-- Dataset records follows --

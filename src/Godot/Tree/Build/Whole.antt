-- ===== src/Godot/Tree/Build/Whole.antt =====
-- src/modules/godot/virtual_tree.cpp: what `make_virtual_tree` returns.
use observer_modules.Prelude.{
  ℕ, suc, ◌≤◌, ◌==◌, ◌≡◌, true, false, List, [], ◌∷◌, ◌++◌, length, arith,
}
use observer_modules.Failure.{ok}
use observer_modules.Failure.Ensures.{
  Ensures, Ensures-ok, Ensures-bind, Ensures-weaken, Ensures-any,
}
use observer_modules.Godot.Types.{PckEntry}
use observer_modules.Godot.Remap.Read.{ImportMapping}
use observer_modules.Godot.Tree.Host.{Host, TreeLimits, charge}
use observer_modules.Godot.Tree.Placer.{
  Placer, charge_name, reserve_dir, ancestors_loop, reserve_ancestors,
}
use observer_modules.Godot.Tree.Placer.Free.{charge-Ensures}
use observer_modules.Godot.Tree.Maps.{ConversionHint, is_file_kind}
use observer_modules.Godot.Tree.Rows.{ViewRow, Presented}
use observer_modules.Godot.Tree.Build.{
  VirtualEntry, reserve_all, removals_loop, check_counts, place_rows, make_virtual_tree,
  removals_name, manifest_name, removal_row,
}
use observer_modules.Godot.Tree.Build.Apart.{
  IsTree, Inv, weight, append_rows-Inv, add_generated-Inv,
}
use observer_modules.Godot.Tree.Build.Budget.{Ensures-split, build_maps-Low}
use observer_modules.Godot.Tree.Build.RowBudget.{build_rows-Low}

module _ (host : Host) (limits : TreeLimits) where
  IsLowPlacer : Placer → Type 0
  IsLowPlacer p = p.used ≤ limits.max_metadata_bytes

  ancestors_loop-Low :
      (prefix path : List ℕ) (p : Placer)
      → IsLowPlacer p
      → Ensures IsLowPlacer (ancestors_loop host limits prefix path p)
  unfolding ancestors_loop reserve_dir charge_name IsLowPlacer
  ancestors_loop-Low prefix [] p h = Ensures-ok h
  ancestors_loop-Low prefix (c ∷ rest) p h =
      Ensures-split (c == b'/') _ _
        (λ e.
          Ensures-bind (reserve_dir host limits prefix p) _
            (Ensures-bind (charge _ _ p.used) _ (charge-Ensures _ _ p.used h)
              λ used (grown, low). Ensures-ok {P = IsLowPlacer} low)
            λ q low. ancestors_loop-Low (prefix ++ (c ∷ [])) rest q low)
        λ e. ancestors_loop-Low (prefix ++ (c ∷ [])) rest p h

  reserve_all-Low :
      (rows : List ViewRow) (p : Placer)
      → IsLowPlacer p
      → Ensures IsLowPlacer (reserve_all host limits rows p)
  unfolding reserve_all reserve_ancestors
  reserve_all-Low [] p h = Ensures-ok h
  reserve_all-Low (row ∷ rest) p h =
      Ensures-bind _ _ (ancestors_loop-Low [] row.effective p h) λ q low. reserve_all-Low rest q low

  -- The budget grows and is not exceeded.
  abbrev Grows : ℕ → List ℕ × ℕ → Type 0
  Grows used (text, after) = (used ≤ after) × (after ≤ limits.max_metadata_bytes)

  removals_loop-Grows :
      (position : ℕ) (entries : List PckEntry) (text : List ℕ) (used : ℕ)
      → used ≤ limits.max_metadata_bytes
      → Ensures (Grows used) (removals_loop host limits position entries text used)
  unfolding removals_loop
  removals_loop-Grows position [] text used h = Ensures-ok (omega arith, h)
  removals_loop-Grows position (entry ∷ rest) text used h =
      Ensures-split (is_file_kind entry.kind) _ _
        (λ e. removals_loop-Grows (suc position) rest text used h)
        λ e.
          Ensures-bind _ _ (charge-Ensures limits.max_metadata_bytes _ used h) λ next (grown, low).
            Ensures-weaken _
              (removals_loop-Grows (suc position) rest
                (text ++ removal_row host limits position entry.path) next low)
              λ (all, after) (more, fits). (omega arith, fits)

  place_rows-Inv :
      (s : Presented) (raw_rows converted_rows : List ViewRow) (used : ℕ)
      → used ≤ limits.max_metadata_bytes
      → Ensures (Inv host limits) (place_rows host limits s raw_rows converted_rows used)
  unfolding place_rows IsLowPlacer
  place_rows-Inv s raw_rows converted_rows used h =
      Ensures-bind _ _ (reserve_all-Low raw_rows _ h) λ p low.
        Ensures-bind _ _ (reserve_all-Low converted_rows p low) λ q lower.
          Ensures-bind _ _
            (append_rows-Inv host limits s.entries false raw_rows _ (record {
              apart = tt;
              held = tt;
              fit = tt;
              bounded = omega arith;
              light = omega arith;
              low = lower;
            }))
            λ raw inv.
              Ensures-bind _ _ (append_rows-Inv host limits s.entries true converted_rows raw inv)
                λ all kept.
                  Ensures-bind _ _ (removals_loop-Grows 0 s.entries [] all.placer.used kept.low)
                    λ (text, charged) (grown, fits).
                      Ensures-bind _ _
                        (add_generated-Inv host limits removals_name (b'r' ∷ []) text _ (record {
                          apart = kept.apart;
                          held = kept.held;
                          fit = kept.fit;
                          bounded = kept.bounded;
                          light =
                              let before : weight all.entries ≤ all.placer.used = kept.light in
                              omega arith;
                          low = fits;
                        }))
                        λ removals after.
                          add_generated-Inv host limits manifest_name (b'n' ∷ []) removals.manifest
                            removals after

  -- The tree that `make_virtual_tree` returns, if it returns one: the paths of its rows are pairwise
  -- different as the file system compares names, each of them and each of its components is within the
  -- limits on lengths, there are no more than `max_entries` rows, and all of them, with the texts that
  -- are generated and the overhead for each row, fit in `max_metadata_bytes`.
  pub make_virtual_tree-IsTree :
      (entries : List PckEntry) (mappings : List ImportMapping) (hints : List ConversionHint)
      (tree : List VirtualEntry)
      → make_virtual_tree host limits entries mappings hints ≡ ok tree
      → IsTree host limits tree
  unfolding make_virtual_tree
  make_virtual_tree-IsTree entries mappings hints = holds.at
    where
      holds : Ensures (IsTree host limits) (make_virtual_tree host limits entries mappings hints)
      holds =
          Ensures-bind _ _
            (Ensures-any
              (check_counts host limits (length entries) (length mappings) (length hints)))
            λ u v.
              Ensures-bind _ _ (build_maps-Low host limits entries mappings hints) λ (s, used) h.
                Ensures-bind _ _ (build_rows-Low host limits s used h)
                  λ ((raw_rows, converted_rows), charged) k.
                    Ensures-bind _ _ (place_rows-Inv s raw_rows converted_rows charged k) λ out inv.
                      Ensures-ok (record {
                        apart = inv.apart;
                        fit = inv.fit;
                        bounded = inv.bounded;
                        light =
                            let below : weight out.entries ≤ out.placer.used = inv.light in
                            let low : out.placer.used ≤ limits.max_metadata_bytes = inv.low in
                            omega arith;
                      })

-- Dataset records concluded --

Collect every line from the records above that contains the word "holds".

  make_virtual_tree-IsTree entries mappings hints = holds.at
      holds : Ensures (IsTree host limits) (make_virtual_tree host limits entries mappings hints)
      holds =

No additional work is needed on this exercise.